Assigned task ->
From the data that follows, print exactly the lines starting at the one containing "value.entries ≤ max_rows" and ending at the one containing "subst (λ es."; include both of them and nothing more.

Provided material ->

-- ===== src/Scope/Trim.antt =====
-- `trimValue` of src/core/planes/scopeIndex.ts: what a cut keeps.
use react_native_dblayer.Base.{
  ℕ, suc, ◌+◌, ◌-◌, ◌≤◌, ◌≡◌, refl, subst, true, ◌||◌, not, List, [], ◌∷◌, arith, ap, sym, map,
  take, drop, zero, if◌then◌else◌, keep, length, leb, ◌==◌, Bool-cases, inl, inr,
}
use react_native_dblayer.Base.Str.{Str}
use react_native_dblayer.Base.StrSet
use react_native_dblayer.Base.StrSet.{StrSet}
use react_native_dblayer.Scope.Entry.{ScopeEntry, ScopeIndexValue, entry_id}
use react_native_dblayer.Scope.Reconcile.{trim_entries, trim_value}

abbrev pub count_free : StrSet → List ScopeEntry → ℕ
count_free protected_ids es = length (keep (λ e. not (StrSet.has e.id protected_ids)) es)

abbrev pub held_of : StrSet → List ScopeEntry → List ScopeEntry
held_of protected_ids es = keep (λ e. StrSet.has e.id protected_ids) es

trim_entries-free :
    (budget : ℕ) (protected_ids : StrSet) (es : List ScopeEntry)
    → count_free protected_ids (trim_entries budget protected_ids es).0 ≤ budget
unfolding trim_entries keep
trim_entries-free budget protected_ids [] = omega arith
trim_entries-free budget protected_ids (e ∷ es) = ground (
  arith,
  trim_entries-free budget protected_ids es,
  trim_entries-free (budget - 1) protected_ids es,
)

trim_entries-held :
    (budget : ℕ) (protected_ids : StrSet) (es : List ScopeEntry)
    → held_of protected_ids (trim_entries budget protected_ids es).0 ≡ held_of protected_ids es
unfolding trim_entries keep
trim_entries-held budget protected_ids [] = refl
trim_entries-held budget protected_ids (e ∷ es) = ground (
  arith,
  trim_entries-held budget protected_ids es,
  trim_entries-held (budget - 1) protected_ids es,
)

trim_entries-length :
    (budget : ℕ) (protected_ids : StrSet) (es : List ScopeEntry)
    → length (trim_entries budget protected_ids es).0
        + length (trim_entries budget protected_ids es).1
      ≡ length es
unfolding trim_entries
trim_entries-length budget protected_ids [] = refl
trim_entries-length budget protected_ids (e ∷ es) = ground (
  arith,
  trim_entries-length budget protected_ids es,
  trim_entries-length (budget - 1) protected_ids es,
)

trim_entries-none :
    (budget : ℕ) (protected_ids : StrSet) (es : List ScopeEntry)
    → length (trim_entries budget protected_ids es).1 ≡ 0
    → (trim_entries budget protected_ids es).0 ≡ es
unfolding trim_entries
trim_entries-none budget protected_ids [] h = refl
trim_entries-none budget protected_ids (e ∷ es) h = ground (
  arith,
  trim_entries-none budget protected_ids es,
  trim_entries-none (budget - 1) protected_ids es,
)

count_free-bound :
    (protected_ids : StrSet) (es : List ScopeEntry) → count_free protected_ids es ≤ length es
unfolding keep
count_free-bound protected_ids [] = omega arith
count_free-bound protected_ids (e ∷ es) = ground (arith, count_free-bound protected_ids es)

abbrev pub free_of : StrSet → List ScopeEntry → List ScopeEntry
free_of protected_ids es = keep (λ e. not (StrSet.has e.id protected_ids)) es

-- The free entries that stay and the ids that go, by position.
trim_entries-splits :
    (budget : ℕ) (protected_ids : StrSet) (es : List ScopeEntry)
    → (free_of protected_ids (trim_entries budget protected_ids es).0
        ≡ take budget (free_of protected_ids es))
      × ((trim_entries budget protected_ids es).1
          ≡ map entry_id (drop budget (free_of protected_ids es)))
unfolding trim_entries keep
trim_entries-splits zero protected_ids [] = (refl, refl)
trim_entries-splits (suc budget) protected_ids [] = (refl, refl)
trim_entries-splits zero protected_ids (e ∷ es) =
    let rest = trim_entries-splits zero protected_ids es in
    elim (Bool-cases (StrSet.has e.id protected_ids)) [
      | inl held ↦ ground (arith, rest)
      | inr free ↦ ground (arith, rest)
    ]
trim_entries-splits (suc budget) protected_ids (e ∷ es) =
    elim (Bool-cases (StrSet.has e.id protected_ids)) [
      | inl held ↦ ground (arith, trim_entries-splits (suc budget) protected_ids es)
      | inr free ↦ ground (arith, trim_entries-splits budget protected_ids es)
    ]

take_all : (n : ℕ) (es : List ScopeEntry) → length es ≤ n → (take n es ≡ es) × (drop n es ≡ [])
take_all zero [] h = (refl, refl)
take_all (suc n) [] h = (refl, refl)
take_all zero (e ∷ es) h = absurd (omega arith)
take_all (suc n) (e ∷ es) h =
    let (taken, dropped) = take_all n es (omega arith) in (ap (λ xs. e ∷ xs) taken, dropped)

-- What a cut to `max_rows` holds: the value and the ids that are trimmed.
abbrev pub IsCut : ScopeIndexValue → ℕ → StrSet → ScopeIndexValue × List Str → Type 0
IsCut value max_rows protected_ids r =
    (free_of protected_ids r.0.entries ≡ take max_rows (free_of protected_ids value.entries))
    × (r.1 ≡ map entry_id (drop max_rows (free_of protected_ids value.entries)))
    × (count_free protected_ids r.0.entries ≤ max_rows)
    × (held_of protected_ids r.0.entries ≡ held_of protected_ids value.entries)
    × (length r.0.entries + length r.1 ≡ length value.entries)
    × (r.0.generation ≡ (if length r.1 == 0 then value.generation else suc value.generation))
    × (r.0.coverage ≡ value.coverage)

few :
    (value : ScopeIndexValue) (max_rows : ℕ) (protected_ids : StrSet)
    → (leb (length value.entries) max_rows
        || length (trim_entries max_rows protected_ids value.entries).1 == 0)
      ≡ true
    → count_free protected_ids value.entries ≤ max_rows
few value max_rows protected_ids same = elim (Bool-cases (leb (length value.entries) max_rows)) [
  | inl small ↦ ground (arith, count_free-bound protected_ids value.entries)
  | inr large ↦
      subst (λ es. count_free protected_ids es ≤ max_rows)
        (trim_entries-none max_rows protected_ids value.entries (ground arith))
        (trim_entries-free max_rows protected_ids value.entries)
]

-- Of the entries that are not protected a cut to `max_rows` keeps the first `max_rows`, in their
-- order, and reports the ids of all the others, in their order. Every protected entry stays, in its
-- order, and so do the coverage and, unless something is trimmed, the generation; else that
-- advances by one.
pub trim_value-IsCut :
    (value : ScopeIndexValue) (max_rows : ℕ) (protected_ids : StrSet)
    → IsCut value max_rows protected_ids (trim_value value max_rows protected_ids)
unfolding trim_value
trim_value-IsCut value max_rows protected_ids =
    let found = trim_entries max_rows protected_ids value.entries in
    let free = trim_entries-free max_rows protected_ids value.entries in
    let held = trim_entries-held max_rows protected_ids value.entries in
    let size = trim_entries-length max_rows protected_ids value.entries in
    let (stay, go) = trim_entries-splits max_rows protected_ids value.entries in
    elim (Bool-cases (leb (length value.entries) max_rows || length found.1 == 0)) [
      | inl same ↦
          let little = few value max_rows protected_ids same in
          let (taken, dropped) = take_all max_rows (free_of protected_ids value.entries) little in
          rw same
            (sym taken, ap (map entry_id) (sym dropped), little, refl, omega arith, refl, refl)
      | inr cut ↦ rw cut (stay, go, free, held, size, ground arith, refl)
    ]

Result below ->
    → count_free protected_ids value.entries ≤ max_rows
few value max_rows protected_ids same = elim (Bool-cases (leb (length value.entries) max_rows)) [
  | inl small ↦ ground (arith, count_free-bound protected_ids value.entries)
  | inr large ↦
      subst (λ es. count_free protected_ids es ≤ max_rows)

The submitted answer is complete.